This isn't just about the video game blaming, but in general. In Europe, the US is already considered a country full of gun nuts. While this is obviously not truly the case (disasters like these are very, very, very rare exception)...if the main association on guns is talking this kind of bullshit...it actually does more damage to the land's reputation than the shooting in itself.


This is just sad. I can understand parents, relatives or soccer moms blaming video games and music. But the NRA? A professional organisation that tries to represent people who love guns?

Christ...I wonder what percentage of their members are very fond of that "filthiest form of pornography".


----------



## nando (Dec 21, 2012)

yes, schools should lay off more teachers to hire heavily armed security guards.


----------



## Engert (Dec 21, 2012)

I want my schools to look like this, like a fucking war zone.


----------



## Zetta_x (Dec 21, 2012)

If we had stricter gun laws, then the people who have enough motivation to shoot up a public place will have enough motivation to figure out how to build bombs. Yay, gun related deaths go down; fuck, bomb related deaths went up.


----------



## KingVamp (Dec 21, 2012)

Zetta_x said:


> If we had stricter gun laws, then the people who have enough motivation to shoot up a public place will have enough motivation to figure out how to build bombs. Yay, gun related deaths go down; fuck, bomb related deaths went up.


Proof or studies? Also this.


----------



## notmeanymore (Dec 21, 2012)

I don't see video games and movies as propaganda for violence. I see it as propaganda for joining the military, and an outlet for violence. If video games stop being a sufficient outlet, you probably need counseling.

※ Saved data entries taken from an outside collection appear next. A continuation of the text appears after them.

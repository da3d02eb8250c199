-- ===== src/DateTimePicker/Placing.antt =====
-- Where the popover of the picker stands.
use telemetryhub.Common.{◌≡◌, arith, ◌⊎◌, inl, inr, Bool-cases}
use telemetryhub.Common.Int.{
  ℤ, pos, ◌+ℤ◌, ◌-ℤ◌, ◌≤ℤ◌, +ℤ_parts, -ℤ_parts, eq_of_parts, ltb_ℤ, leb_ℤ,
}
use telemetryhub.DateTimePicker.{Rect, place, left_of}

left_of_fits :
    (rect : Rect) (inner_width : ℤ)
    → pos 304 ≤ℤ inner_width
    → (left_of rect inner_width ≤ℤ rect.left)
      × ((left_of rect inner_width +ℤ pos 288 +ℤ pos 8) ≤ℤ inner_width)
unfolding left_of
left_of_fits rect inner_width w =
    let cut = inner_width -ℤ pos 288 in
    let e1 = -ℤ_parts inner_width (pos 288) in
    let e2 = -ℤ_parts cut (pos 8) in
    let left = left_of rect inner_width in
    let e3 = +ℤ_parts left (pos 288) in
    let e4 = +ℤ_parts (left +ℤ pos 288) (pos 8) in (ground arith, ground arith)

-- For a trigger that ends at least 2 pixels below the top and a window at least 304 pixels wide, the
-- popover stands at least 8 pixels below the top, not right of the start of its trigger, and ends at
-- least 8 pixels left of the right edge. It ends at least 8 pixels above the bottom, or starts at 8
-- pixels, or ends 6 pixels above its trigger.
pub place_lem :
    (rect : Rect) (popup_height inner_width inner_height : ℤ)
    → pos 2 ≤ℤ rect.bottom
    → pos 304 ≤ℤ inner_width
    → let p = place rect popup_height inner_width inner_height in
      (pos 8 ≤ℤ p.top)
      × (p.left ≤ℤ rect.left)
      × ((p.left +ℤ p.width +ℤ pos 8) ≤ℤ inner_width)
      × (((p.top +ℤ popup_height +ℤ pos 8) ≤ℤ inner_height)
          ⊎ ((p.top ≡ pos 8) ⊎ ((p.top +ℤ popup_height +ℤ pos 6) ≡ rect.top)))
unfolding place left_of
place_lem rect popup_height inner_width inner_height h w =
    let below = rect.bottom +ℤ pos 6 in
    let lowest = below +ℤ popup_height in
    let limit = inner_height -ℤ pos 8 in
    let above = rect.top -ℤ popup_height in
    let cut = inner_width -ℤ pos 288 in
    let e1 = +ℤ_parts rect.bottom (pos 6) in
    let e2 = +ℤ_parts below popup_height in
    let e3 = -ℤ_parts inner_height (pos 8) in
    let e4 = -ℤ_parts rect.top popup_height in
    let e5 = -ℤ_parts above (pos 6) in
    let left = left_of rect inner_width in
    let (in_reach, fits) = left_of_fits rect inner_width w in
    elim (Bool-cases (ltb_ℤ limit lowest)) [
      | inl flips ↦ elim (Bool-cases (leb_ℤ (pos 8) (above -ℤ pos 6))) [
        | inl room ↦
            let e6 = +ℤ_parts (above -ℤ pos 6) popup_height in
            let e7 = +ℤ_parts (above -ℤ pos 6 +ℤ popup_height) (pos 6) in
            let back : above -ℤ pos 6 +ℤ popup_height +ℤ pos 6 ≡ rect.top =
              eq_of_parts (above -ℤ pos 6 +ℤ popup_height +ℤ pos 6) rect.top (omega arith) in
            (ground arith, in_reach, fits, inr (inr (ground arith)))
        | inr tight ↦ (ground arith, in_reach, fits, inr (inl (ground arith)))
      ]
      | inr stays ↦
          let e6 = +ℤ_parts lowest (pos 8) in (ground arith, in_reach, fits, inl (ground arith))
    ]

Also, if we make a ban on violent video games, I could see the military draft coming back, as so many will have an absolute aversion to violence.


----------



## xist (Dec 21, 2012)

I'll give you my filthy pornography when you pry it from my cold, dead hands.


----------



## nando (Dec 21, 2012)

xist said:


> I'll give you my filthy pornography when you pry it from my cold, dead *sticky* hands.


----------



## Guild McCommunist (Dec 21, 2012)

Well this thread is entertaining.

Get the popcorn folks.


----------



## Taleweaver (Dec 21, 2012)

/me hands Guild some popcorn with some buttery, sticky...shiney..._something_ of a sauce on it


----------



## Valwin (Dec 21, 2012)

Engert said:


> I want my schools to look like this, like a fucking war zone.


 


to be honest not a bad idea


----------



## gumgod (Dec 21, 2012)

Oh, so now they're attacking pornography!  Where does it end?


----------



## Chary (Dec 21, 2012)

Engert said:


> I want my schools to look like this, like a fucking war zone.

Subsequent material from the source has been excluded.